Borremose

The Borremose is an extensive Danish peat bog in western Himmerlands, in the north of Jutland. It is known for its important archaeological finds. The Moor is located about five miles southeast of downtown Aars in the community Vesthimmerland. It has from southwest to northeast a stretch of three kilometers and is up to one kilometer wide.

Archaeological findings

The refuge

In Borremose and its surroundings significant archaeological finds from the Nordic Bronze Age and the Iron Age were made. In the south of the bog have been excavated in the 1930s and 1940s, the Borremose Fortress (Danish Borremose Fæstningen ), the BC was in use during the period of 300 BC to 100. It is the largest known installation of Jutland from this period. The so-called refuge in Borremose was on a small island that was surrounded by swamp and bogs created. The oriented in north-south direction island was about 150 m long and 80 to 100 m wide. Your enclosure consisted of two ditches and a rampart. A trench was between the island and the dry land in the southeast, where the bog is narrowest. Here one found on the moor soil, originally undoubtedly covered by water, a ford. It consists of a patch of fist-sized or larger stones. Several centuries later you have created on the ford a regular way dam, at the same time with a village.

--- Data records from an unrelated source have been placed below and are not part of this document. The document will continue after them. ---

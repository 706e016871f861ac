-- ===== src/Path.antt =====
-- syscall.c: get_parent and get_dir, on paths as lists of the codes of their bytes, without the NUL
-- at the end.
pub mod Names
pub mod Parents
use pcd_file_system.Prelude.{ℕ, List, [], ◌∷◌, Option, none, some, leb, if◌then◌else◌, ◌==◌}
use pcd_file_system.Prelude.Run.{Cmd, pure, failure, undefined, ◌>>=◌}
use pcd_file_system.Prelude.Lists.{length}

-- '/'
abbrev pub slash : ℕ
slash = 47

-- MAX_FILE_NAME
abbrev pub max_file_name : ℕ
max_file_name = 256

-- what get_parent writes to its three output parameters
pub record Parent : Type 0 where
  pub parent_path : List ℕ
  pub parent : List ℕ
  pub file_name : List ℕ

after_rest : ℕ → List ℕ → Option (List ℕ × List ℕ) → Option (List ℕ × List ℕ)
after_rest c cs (some (before, after)) = some (c ∷ before, after)
after_rest c cs none = if c == slash then some ([], cs) else none

-- strrchr(path, '/'): what stands before the last slash, and after it; none is NULL
unfoldable pub strrchr : List ℕ → Option (List ℕ × List ℕ)
unfolding after_rest
strrchr [] = none
strrchr (c ∷ cs) = after_rest c cs (strrchr cs)

module _ {S : Type 0} where
  -- strcpy into an array of MAX_FILE_NAME characters
  unfoldable pub copy_name : List ℕ → Cmd S (List ℕ)
  copy_name name = if leb max_file_name (length name) then undefined else pure name

  -- the name of the parent, by the last slash of its path; without one, a copy from (char *)1
  unfoldable pub name_of_parent : Option (List ℕ × List ℕ) → Cmd S (List ℕ)
  name_of_parent none = undefined
  name_of_parent (some (before, after)) = copy_name after

  -- `val` is what stands from the last slash on
  unfoldable pub split_path : Option (List ℕ × List ℕ) → Cmd S Parent
  split_path none = failure
  split_path (some (before, [])) = failure
  split_path (some ([], c ∷ cs)) = do
    name ← copy_name (c ∷ cs)
    pure (record { parent_path = slash ∷ []; parent = slash ∷ []; file_name = name })
  split_path (some (b ∷ bs, c ∷ cs)) = do
    name ← copy_name (c ∷ cs)
    parent ← name_of_parent (strrchr (b ∷ bs))
    pure (record { parent_path = b ∷ bs; parent = parent; file_name = name })

  unfoldable pub get_parent : List ℕ → Cmd S Parent
  get_parent path = split_path (strrchr path)

-- strtok(path, "/"): the slashes in front are left out, and the name ends before the next
unfoldable pub skip_slashes : List ℕ → List ℕ
skip_slashes [] = []
skip_slashes (c ∷ cs) = if c == slash then skip_slashes cs else c ∷ cs

unfoldable pub first_name : List ℕ → List ℕ
first_name [] = []
first_name (c ∷ cs) = if c == slash then [] else c ∷ first_name cs

-- `none` where strtok returns NULL, which get_dir passes to strdup
dir_of : List ℕ → Option (List ℕ)
dir_of [] = none
dir_of (c ∷ cs) = some (first_name (c ∷ cs))

unfoldable pub get_dir : List ℕ → Option (List ℕ)
unfolding dir_of
get_dir path = dir_of (skip_slashes path)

The other trench was dug on the outer side of the island. It is a flat-bottomed Sohlgraben. It differs from subsequent ring walls that have a V-shaped ditch. It was 1.50 to 2.50 m sunk into the gravel outside the island and heaped the earth worked out as Wall on the inside. Since the width of the trench was 5 to 6 m, stand for the Wall a considerable amount of gravel available. The distance between the rampart and the outside of the trench was from 8 to 10 m and the height difference between Wall crest and the bottom of the trench about 4 to 5 m. Whether the wall was fortified with palisades, could not be clarified.

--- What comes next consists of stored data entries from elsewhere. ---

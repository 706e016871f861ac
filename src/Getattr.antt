-- ===== src/Getattr.antt =====
-- pcd_fuse.c: pcd_getattr fills in a struct stat.
use pcd_file_system.Prelude.{ℕ, ◌/◌, ◌%◌, ◌^◌, Option, none, some, Bool, List, if◌then◌else◌, ◌==◌}
use pcd_file_system.Prelude.Run.{Cmd, pure, attempt, ◌>>=◌}
use pcd_file_system.Block.{Block}
use pcd_file_system.Disk.Contract.{DiskOps}
use pcd_file_system.Inode.{Fs}
use pcd_file_system.Inode.Fields.{
  inode_read_mode, inode_read_link_count, inode_read_uid, inode_read_gid, inode_read_last_accessed,
  inode_read_last_modified,
}
use pcd_file_system.Syscall.{minus_enoent}
use pcd_file_system.Syscall.Lookup.{size_or_zero, or_zero, find_inode}

-- the fields of struct stat that are set; the others stay 0
pub record Stat : Type 0 where
  pub st_mode : ℕ
  pub st_nlink : ℕ
  pub st_uid : ℕ
  pub st_gid : ℕ
  pub st_atime : ℕ
  pub st_mtime : ℕ
  pub st_size : ℕ

abbrev pub no_stat : Stat
no_stat = record {
  st_mode = 0;
  st_nlink = 0;
  st_uid = 0;
  st_gid = 0;
  st_atime = 0;
  st_mtime = 0;
  st_size = 0;
}

-- st_mode & S_IFREG, as a test
unfoldable pub has_reg_bit : ℕ → Bool
has_reg_bit mode = mode / 2 ^ 15 % 2 == 1

module _ (ops : DiskOps) (junk : Block) where
  open ops use {State}

  -- a field that is 0 before it is read, with the code dropped
  unfoldable pub field_or_zero : (ℕ → Cmd (Fs State) ℕ) → ℕ → Cmd (Fs State) ℕ
  field_or_zero read inum = do r ← attempt (read inum); pure (or_zero r)

  stat_at : Option ℕ → Cmd (Fs State) (ℕ × Stat)
  stat_at none = pure (minus_enoent, no_stat)
  stat_at (some inum) = do
    mode ← field_or_zero (inode_read_mode ops junk) inum
    nlink ← field_or_zero (inode_read_link_count ops junk) inum
    uid ← field_or_zero (inode_read_uid ops junk) inum
    gid ← field_or_zero (inode_read_gid ops junk) inum
    atime ← field_or_zero (inode_read_last_accessed ops junk) inum
    mtime ← field_or_zero (inode_read_last_modified ops junk) inum
    size ← if has_reg_bit mode then size_or_zero ops junk inum else pure 0
    pure (
      0,
      record {
        st_mode = mode;
        st_nlink = nlink;
        st_uid = uid;
        st_gid = gid;
        st_atime = atime;
        st_mtime = mtime;
        st_size = size;
      },
    )

  unfoldable pub pcd_getattr : List ℕ → Cmd (Fs State) (ℕ × Stat)
  unfolding stat_at
  pcd_getattr path = do r ← attempt (find_inode ops junk path); stat_at r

When the excavation was found on the floor of the trench a number of short tapered oak pegs. This Europe encountered approach protection (a type of Cheval de Fries) includes but is not necessarily a fortification use of the island back, even places of worship were secured in this way. At a cult refer the bog bodies that have been sacrificed in the early Iron Age. In the excavation of the moat, which was filled over time in alternating layers with waste, peat and gravel abgerutschtem, you could see that the system had been used in the first period of its existence only in shorter periods of time. On the floor lay scattered fragments of pottery and other stuff, and over long distances was found almost nothing. The bottom layer was clearly deposited during temporary stays. Next up in the ditch was a cultural layer with thousands of fragments of pottery, dating from the 1st century BC.

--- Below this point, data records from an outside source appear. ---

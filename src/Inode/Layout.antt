-- ===== src/Inode/Layout.antt =====
-- The struct inode in its slot of a block.
use pcd_file_system.Prelude.{
  ℕ, ◌+◌, ◌-◌, ◌*◌, ◌/◌, ◌%◌, ◌^◌, ◌≤◌, ◌<◌, ◌≡◌, refl, ap, true, false, arith, ltb, if◌then◌else◌,
  Bool-cases, inl, inr, ◌⊎◌,
}
use pcd_file_system.Block.{Block, byte_of, word, long}
use pcd_file_system.Block.Words.{word_of_bytes}
use pcd_file_system.Inode.{
  Inode, inode_word, inode_bytes, inode_sizeof, put_inode, shift, decode_inode,
}

-- The fields fit their C types, and the array has twelve entries.
pub record IsInode (n : Inode) : Type 0 where
  pub mode : n.mode < 2 ^ 32
  pub uid : n.uid < 2 ^ 32
  pub gid : n.gid < 2 ^ 32
  pub padding : n.padding < 2 ^ 32
  pub size : n.size < 2 ^ 64
  pub last_accessed : n.last_accessed < 2 ^ 64
  pub last_modified : n.last_modified < 2 ^ 64
  pub direct_blo : (i : ℕ) → n.direct_blo i < 2 ^ 32
  pub beyond : (i : ℕ) → 12 ≤ i → n.direct_blo i ≡ 0
  pub single_ind : n.single_ind < 2 ^ 32
  pub double_ind : n.double_ind < 2 ^ 32
  pub triple_ind : n.triple_ind < 2 ^ 32
  pub link_count : n.link_count < 2 ^ 32

byte-inode_bytes :
    (n : Inode) (j k o : ℕ) → o ≡ 4 * j + k → k < 4 → inode_bytes n o ≡ byte_of (inode_word n j) k
unfolding inode_bytes
byte-inode_bytes n j k o e lt =
    let quotient : o / 4 ≡ j = omega arith in
    let rest : o % 4 ≡ k = omega arith in rw (quotient, rest)

byte-put_inode :
    (b : Block) (off : ℕ) (n : Inode) (o : ℕ)
    → o < inode_sizeof
    → put_inode b off n (off + o) ≡ inode_bytes n o
unfolding put_inode
byte-put_inode b off n o lt =
    let left : ltb (off + o) off ≡ false = ground arith in
    let right : ltb (off + o) (off + 104) ≡ true = ground arith in
    let back : off + o - off ≡ o = omega arith in rw (left, right, back)

module _ (b : Block) (off : ℕ) (n : Inode) where
  there : Block
  there = shift (put_inode b off n) off

  word-put_inode : (j : ℕ) → j < 26 → word there j ≡ inode_word n j % 2 ^ 32
  unfolding word there
  word-put_inode j lt =
      rw
        (
          byte-put_inode b off n (4 * j) (omega arith),
          byte-put_inode b off n (4 * j + 1) (omega arith),
          byte-put_inode b off n (4 * j + 2) (omega arith),
          byte-put_inode b off n (4 * j + 3) (omega arith),
          byte-inode_bytes n j 0 (4 * j) (omega arith) (omega arith),
          byte-inode_bytes n j 1 (4 * j + 1) refl (omega arith),
          byte-inode_bytes n j 2 (4 * j + 2) refl (omega arith),
          byte-inode_bytes n j 3 (4 * j + 3) refl (omega arith),
        )
        (word_of_bytes (inode_word n j))

  at : (j v : ℕ) → inode_word n j ≡ v → j < 26 → v < 2 ^ 32 → word there j ≡ v
  at j v e lt small = omega (arith, word-put_inode j lt)

  long_at :
      (j v : ℕ)
      → inode_word n j ≡ v
      → inode_word n (j + 1) ≡ v / 2 ^ 32
      → j < 25
      → v < 2 ^ 64
      → long there j ≡ v
  unfolding long
  long_at j v lo hi lt small =
      omega (arith, word-put_inode j (omega arith), word-put_inode (j + 1) (omega arith))

  direct_at : IsInode n → (i : ℕ) → i < 12 → word there (i + 10) ≡ n.direct_blo i
  unfolding inode_word
  direct_at h i lt =
      let back : i + 10 - 10 ≡ i = omega arith in
      let array : ltb (i + 10) 22 ≡ true = ground arith in
      at (i + 10) (n.direct_blo i) (ground (arith, ap n.direct_blo back)) (omega arith)
        (h.direct_blo i)

  direct : IsInode n → (k : ℕ) → (if ltb k 12 then word there (k + 10) else 0) ≡ n.direct_blo k
  direct h k = elim (Bool-cases (ltb k 12)) [
    | inl lt ↦ rw lt (direct_at h k (ground arith))
    | inr ge ↦ rw ge (ground (arith, h.beyond k))
  ]

  -- An inode whose fields fit their C types is the same after the copy into a block at any offset
  -- and back.
  pub decode_inode-put_inode : IsInode n → decode_inode (shift (put_inode b off n) off) ≡ n
  unfolding decode_inode inode_word there
  decode_inode-put_inode h = λ i. record {
    mode = at 0 _ refl (omega arith) h.mode i;
    uid = at 1 _ refl (omega arith) h.uid i;
    gid = at 2 _ refl (omega arith) h.gid i;
    padding = at 3 _ refl (omega arith) h.padding i;
    size = long_at 4 _ refl refl (omega arith) h.size i;
    last_accessed = long_at 6 _ refl refl (omega arith) h.last_accessed i;
    last_modified = long_at 8 _ refl refl (omega arith) h.last_modified i;
    direct_blo = λ k. direct h k i;
    single_ind = at 22 _ refl (omega arith) h.single_ind i;
    double_ind = at 23 _ refl (omega arith) h.double_ind i;
    triple_ind = at 24 _ refl (omega arith) h.triple_ind i;
    link_count = at 25 _ refl (omega arith) h.link_count i;
  }

  -- What is outside the slot is as before.
  pub put_inode-outside : (o : ℕ) → (o < off) ⊎ (off + inode_sizeof ≤ o) → put_inode b off n o ≡ b o
  unfolding put_inode
  put_inode-outside o h = ground arith

word-same :
    (b b' : Block) (j : ℕ)
    → ((o : ℕ) → o < inode_sizeof → b' o ≡ b o)
    → j < 26
    → word b' j ≡ word b j
unfolding word
word-same b b' j same lt = rw (
  same (4 * j) (omega arith),
  same (4 * j + 1) (omega arith),
  same (4 * j + 2) (omega arith),
  same (4 * j + 3) (omega arith),
)

-- The struct depends on its own bytes alone.
pub decode_inode-same :
    (b b' : Block) → ((o : ℕ) → o < inode_sizeof → b' o ≡ b o) → decode_inode b' ≡ decode_inode b
unfolding decode_inode long
decode_inode-same b b' same =
    let w : (j : ℕ) → j < 26 → word b' j ≡ word b j = λ j lt. word-same b b' j same lt in
    let direct : (k : ℕ)
        → (if ltb k 12 then word b' (k + 10) else 0) ≡ (if ltb k 12 then word b (k + 10) else 0) =
      λ k. elim (Bool-cases (ltb k 12)) [
        | inl lt ↦ rw lt (w (k + 10) (ground arith))
        | inr ge ↦ rw ge
      ] in
    λ i. record {
      mode = w 0 (omega arith) i;
      uid = w 1 (omega arith) i;
      gid = w 2 (omega arith) i;
      padding = w 3 (omega arith) i;
      size = w 4 (omega arith) i + 2 ^ 32 * w 5 (omega arith) i;
      last_accessed = w 6 (omega arith) i + 2 ^ 32 * w 7 (omega arith) i;
      last_modified = w 8 (omega arith) i + 2 ^ 32 * w 9 (omega arith) i;
      direct_blo = λ k. direct k i;
      single_ind = w 22 (omega arith) i;
      double_ind = w 23 (omega arith) i;
      triple_ind = w 24 (omega arith) i;
      link_count = w 25 (omega arith) i;
    }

For some early earthworks consisting of successively formed individual mutually superimposed long pits, a defense function can be excluded. This construction is, however, in addition to the continuous Grabenzug, so that the existence of earthworks without defense character may be considered secured.

Raising the bar

A certificate of survey work that preceded the earthworks in Borremose, puts a 1.35 m long bar made ​​of oak, which terminates at one end with a button and is tapered at the other end. It is divided by alternately convex and concave arches carved on one side in eight units of 16.5 cm length.

The village

The best impression of Jutland village of the early Iron Age can be purchased in Borremose. Here the 1st century BC became a village created on the spot where the so-called refuge had passed. 22 House residues and a paved road were excavated. The houses were not occupied at the same time, as some of them are partially covered by others. The buildings are all oriented east-west along the road that led to a house built of stone causeway to the mainland across the moor away. The road across the moor was 70 m long and 3 m wide and was built from a dense and carefully laid pavement of fist-sized and larger stones. The houses are of different sizes, but the same design. The largest was 23 m long and 6 m wide, the smallest just as wide and half as long. All had meter-thick sod walls and a roof made ​​of heath sods, who was born inside of two rows of posts. In the western part there was the living area, in the east of the barn.

One of the houses had been burned in ancient times and was covered by a layer of ash, so lain like 2000 years ago. The house was 13 meters long and 6 meters wide. Around the house floor plan, with the exception of the west end, were located on the inside of heavy foundation stones. On she joined inside a flat patch on. In the middle of the floor, the rotgebrannte clay plate of the fireplace was carved with two circular grooves, the one on the edge and the other six inches to the inside. In the middle of two longitudinal walls of the house were two stone pavement, where the charred wood of the doors has been demonstrated. In other ruins also fire doors were found.

The bog bodies

In the central area peat cutters found in the years 1946-1948 three bog bodies ( called Borremose I, II and III ) and some extant garments. In contrast to previous findings, they were immediately investigated professionally and provided a wealth of scientific knowledge. The north behind a narrow threshold to the Borremose subsequent Rævemose (Fuchs Moor ) is the location of the cult boiler Gundestrup, a central finding from the European Iron Age.